#### Your assignment:
Each record must appear in the answer exactly as it does in the data.

#### Records to use:
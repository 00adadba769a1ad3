-- ===== src/Identity.antt =====
-- app/services/identity_authority.py: principals, and the mappings of Feishu identities to them. `raced`
-- tells that another transaction commits a mapping of the same identity first.
pub mod Laws
use maoxx_os.Prelude.{
  ℕ, ◌+◌, String, ◌<>◌, Bool, true, false, not, ◌||◌, ◌&&◌, Option, none, some, List, [], ◌∷◌,
  Result, ok, err, identity_error, integrity_error, raise_if, or_raise, ◌>>=◌, ◌>>◌, find, any_of,
  elem, leb, nat_eq, string_eq, option_eq, ◌==◌, ◌!=◌, Uuid, Time, Hashing, if◌then◌else◌,
}
use maoxx_os.Tables.{Db, Principal, ExternalIdentity}
use maoxx_os.Approval.Fields.{is_none}
use maoxx_os.Deployment.Authority.{external_identity_fingerprint}

abbrev pub principal_types : List String
principal_types = "HUMAN" ∷ "SERVICE" ∷ "EXECUTOR" ∷ []

-- The unique keys of the table: the id, the user, if there is one, and the identity key.
unfoldable pub principal_conflicts : Principal → Principal → Bool
principal_conflicts p q =
    q.id == p.id
    || q.identity_key == p.identity_key
    || not (is_none p.user_id) && q.user_id == p.user_id

unfoldable pub provision_principal :
    String → String → Option Uuid → Uuid → Db → Result (Principal × Db)
provision_principal principal_type identity_key user_id new_id db =
    let p : Principal = record {
      id = new_id;
      principal_type = principal_type;
      user_id = user_id;
      identity_key = identity_key;
    } in
    raise_if (not (elem principal_type principal_types)) (identity_error "invalid_principal_type")
    >> raise_if
        (principal_type == "HUMAN" && is_none user_id
          || principal_type != "HUMAN" && not (is_none user_id))
        (identity_error "invalid_principal_user_binding")
    >> raise_if (any_of (principal_conflicts p) db.principals) integrity_error
    >> ok (p, record db { principals = p ∷ db.principals })

-- `db.get(Principal, principal_id)`
unfoldable pub principal_of_id : Uuid → List Principal → Option Principal
principal_of_id id = find (λ p. p.id == id)

-- An active mapping of the identity.
unfoldable pub is_active : String → String → ExternalIdentity → Bool
is_active tenant subject m =
    m.provider == "feishu"
    && m.tenant_fingerprint == tenant
    && m.subject_fingerprint == subject
    && m.valid_to == none

unfoldable pub current_mapping : String → String → List ExternalIdentity → Option ExternalIdentity
current_mapping tenant subject = find (is_active tenant subject)

-- `current.valid_to = now`
unfoldable pub close_mapping :
    String → String → Time → List ExternalIdentity → List ExternalIdentity
close_mapping tenant subject now [] = []
close_mapping tenant subject now (m ∷ ms) =
    let rest = close_mapping tenant subject now ms in
    if is_active tenant subject m then record m { valid_to = some now } ∷ ms else m ∷ rest

-- The unique keys: the id, the version of an identity, and its active mapping.
unfoldable pub mapping_conflicts : ExternalIdentity → ExternalIdentity → Bool
mapping_conflicts m n =
    n.id == m.id
    || is_active m.tenant_fingerprint m.subject_fingerprint n
    || n.provider == m.provider
      && n.tenant_fingerprint == m.tenant_fingerprint
      && n.subject_fingerprint == m.subject_fingerprint
      && n.mapping_version == m.mapping_version

-- Who is mapped to whom.
pub record Assignment : Type 0 where
  pub tenant : String
  pub subject : String
  pub principal_id : Uuid
  pub audit_event_id : Uuid

abbrev pub new_mapping : Assignment → ℕ → Time → Uuid → ExternalIdentity
new_mapping a version now new_id = record {
  id = new_id;
  provider = "feishu";
  tenant_fingerprint = a.tenant;
  subject_fingerprint = a.subject;
  principal_id = a.principal_id;
  mapping_version = version;
  valid_from = now;
  valid_to = none;
  audit_event_id = a.audit_event_id;
}

-- The insert and its commit.
unfoldable pub insert_mapping :
    ExternalIdentity → Bool → List ExternalIdentity → Db → Result (ExternalIdentity × Db)
insert_mapping m raced rows db =
    raise_if (raced || any_of (mapping_conflicts m) rows)
      (identity_error "identity_assignment_conflict")
    >> ok (m, record db { external_identities = m ∷ rows })

-- By the mapping that is active. A mapping ends after it starts, as a check of the table demands.
unfoldable pub replace_mapping :
    Assignment → Time → Bool → Uuid → Db → Option ExternalIdentity → Result (ExternalIdentity × Db)
replace_mapping a now raced new_id db none =
    insert_mapping (new_mapping a 1 now new_id) raced db.external_identities db
replace_mapping a now raced new_id db (some current) =
    if current.principal_id == a.principal_id
    then ok (current, db)
    else raise_if (leb now current.valid_from) integrity_error
      >> insert_mapping (new_mapping a (current.mapping_version + 1) now new_id) raced
          (close_mapping a.tenant a.subject now db.external_identities) db

unfoldable pub human_required : Option Principal → Result Principal
human_required none = err (identity_error "human_principal_required")
human_required (some p) =
    raise_if (p.principal_type != "HUMAN") (identity_error "human_principal_required") >> ok p

unfoldable pub assign : Assignment → Time → Bool → Uuid → Db → Result (ExternalIdentity × Db)
assign a now raced new_id db =
    human_required (principal_of_id a.principal_id db.principals) >>= λ _.
    replace_mapping a now raced new_id db
      (current_mapping a.tenant a.subject db.external_identities)

module _ (hashing : Hashing) where
  unfoldable pub assign_feishu_identity :
      String → String → Uuid → Uuid → Time → Bool → Uuid → Db → Result (ExternalIdentity × Db)
  assign_feishu_identity tenant_id open_id principal_id audit_event_id now raced new_id db =
      assign
        (record {
          tenant = external_identity_fingerprint hashing ("tenant:" <> tenant_id);
          subject = external_identity_fingerprint hashing ("subject:" <> open_id);
          principal_id = principal_id;
          audit_event_id = audit_event_id;
        })
        now raced new_id db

#### Answer box:
repository 00adadba769a1ad3
-- ===== src/Identity.antt =====
-- app/services/identity_authority.py: principals, and the mappings of Feishu identities to them. `raced`
-- tells that another transaction commits a mapping of the same identity first.
pub mod Laws
use maoxx_os.Prelude.{
  ℕ, ◌+◌, String, ◌<>◌, Bool, true, false, not, ◌||◌, ◌&&◌, Option, none, some, List, [], ◌∷◌,
  Result, ok, err, identity_error, integrity_error, raise_if, or_raise, ◌>>=◌, ◌>>◌, find, any_of,
  elem, leb, nat_eq, string_eq, option_eq, ◌==◌, ◌!=◌, Uuid, Time, Hashing, if◌then◌else◌,
}
use maoxx_os.Tables.{Db, Principal, ExternalIdentity}
use maoxx_os.Approval.Fields.{is_none}
use maoxx_os.Deployment.Authority.{external_identity_fingerprint}

abbrev pub principal_types : List String
principal_types = "HUMAN" ∷ "SERVICE" ∷ "EXECUTOR" ∷ []

-- The unique keys of the table: the id, the user, if there is one, and the identity key.
unfoldable pub principal_conflicts : Principal → Principal → Bool
principal_conflicts p q =
    q.id == p.id
    || q.identity_key == p.identity_key
    || not (is_none p.user_id) && q.user_id == p.user_id

unfoldable pub provision_principal :
    String → String → Option Uuid → Uuid → Db → Result (Principal × Db)
provision_principal principal_type identity_key user_id new_id db =
    let p : Principal = record {
      id = new_id;
      principal_type = principal_type;
      user_id = user_id;
      identity_key = identity_key;
    } in
    raise_if (not (elem principal_type principal_types)) (identity_error "invalid_principal_type")
    >> raise_if
        (principal_type == "HUMAN" && is_none user_id
          || principal_type != "HUMAN" && not (is_none user_id))
        (identity_error "invalid_principal_user_binding")
    >> raise_if (any_of (principal_conflicts p) db.principals) integrity_error
    >> ok (p, record db { principals = p ∷ db.principals })

-- `db.get(Principal, principal_id)`
unfoldable pub principal_of_id : Uuid → List Principal → Option Principal
principal_of_id id = find (λ p. p.id == id)

-- An active mapping of the identity.
unfoldable pub is_active : String → String → ExternalIdentity → Bool
is_active tenant subject m =
    m.provider == "feishu"
    && m.tenant_fingerprint == tenant
    && m.subject_fingerprint == subject
    && m.valid_to == none

unfoldable pub current_mapping : String → String → List ExternalIdentity → Option ExternalIdentity
current_mapping tenant subject = find (is_active tenant subject)

-- `current.valid_to = now`
unfoldable pub close_mapping :
    String → String → Time → List ExternalIdentity → List ExternalIdentity
close_mapping tenant subject now [] = []
close_mapping tenant subject now (m ∷ ms) =
    let rest = close_mapping tenant subject now ms in
    if is_active tenant subject m then record m { valid_to = some now } ∷ ms else m ∷ rest

-- The unique keys: the id, the version of an identity, and its active mapping.
unfoldable pub mapping_conflicts : ExternalIdentity → ExternalIdentity → Bool
mapping_conflicts m n =
    n.id == m.id
    || is_active m.tenant_fingerprint m.subject_fingerprint n
    || n.provider == m.provider
      && n.tenant_fingerprint == m.tenant_fingerprint
      && n.subject_fingerprint == m.subject_fingerprint
      && n.mapping_version == m.mapping_version

-- Who is mapped to whom.
pub record Assignment : Type 0 where
  pub tenant : String
  pub subject : String
  pub principal_id : Uuid
  pub audit_event_id : Uuid

abbrev pub new_mapping : Assignment → ℕ → Time → Uuid → ExternalIdentity
new_mapping a version now new_id = record {
  id = new_id;
  provider = "feishu";
  tenant_fingerprint = a.tenant;
  subject_fingerprint = a.subject;
  principal_id = a.principal_id;
  mapping_version = version;
  valid_from = now;
  valid_to = none;
  audit_event_id = a.audit_event_id;
}

-- The insert and its commit.
unfoldable pub insert_mapping :
    ExternalIdentity → Bool → List ExternalIdentity → Db → Result (ExternalIdentity × Db)
insert_mapping m raced rows db =
    raise_if (raced || any_of (mapping_conflicts m) rows)
      (identity_error "identity_assignment_conflict")
    >> ok (m, record db { external_identities = m ∷ rows })

-- By the mapping that is active. A mapping ends after it starts, as a check of the table demands.
unfoldable pub replace_mapping :
    Assignment → Time → Bool → Uuid → Db → Option ExternalIdentity → Result (ExternalIdentity × Db)
replace_mapping a now raced new_id db none =
    insert_mapping (new_mapping a 1 now new_id) raced db.external_identities db
replace_mapping a now raced new_id db (some current) =
    if current.principal_id == a.principal_id
    then ok (current, db)
    else raise_if (leb now current.valid_from) integrity_error
      >> insert_mapping (new_mapping a (current.mapping_version + 1) now new_id) raced
          (close_mapping a.tenant a.subject now db.external_identities) db

unfoldable pub human_required : Option Principal → Result Principal
human_required none = err (identity_error "human_principal_required")
human_required (some p) =
    raise_if (p.principal_type != "HUMAN") (identity_error "human_principal_required") >> ok p

unfoldable pub assign : Assignment → Time → Bool → Uuid → Db → Result (ExternalIdentity × Db)
assign a now raced new_id db =
    human_required (principal_of_id a.principal_id db.principals) >>= λ _.
    replace_mapping a now raced new_id db
      (current_mapping a.tenant a.subject db.external_identities)

module _ (hashing : Hashing) where
  unfoldable pub assign_feishu_identity :
      String → String → Uuid → Uuid → Time → Bool → Uuid → Db → Result (ExternalIdentity × Db)
  assign_feishu_identity tenant_id open_id principal_id audit_event_id now raced new_id db =
      assign
        (record {
          tenant = external_identity_fingerprint hashing ("tenant:" <> tenant_id);
          subject = external_identity_fingerprint hashing ("subject:" <> open_id);
          principal_id = principal_id;
          audit_event_id = audit_event_id;
        })
        now raced new_id db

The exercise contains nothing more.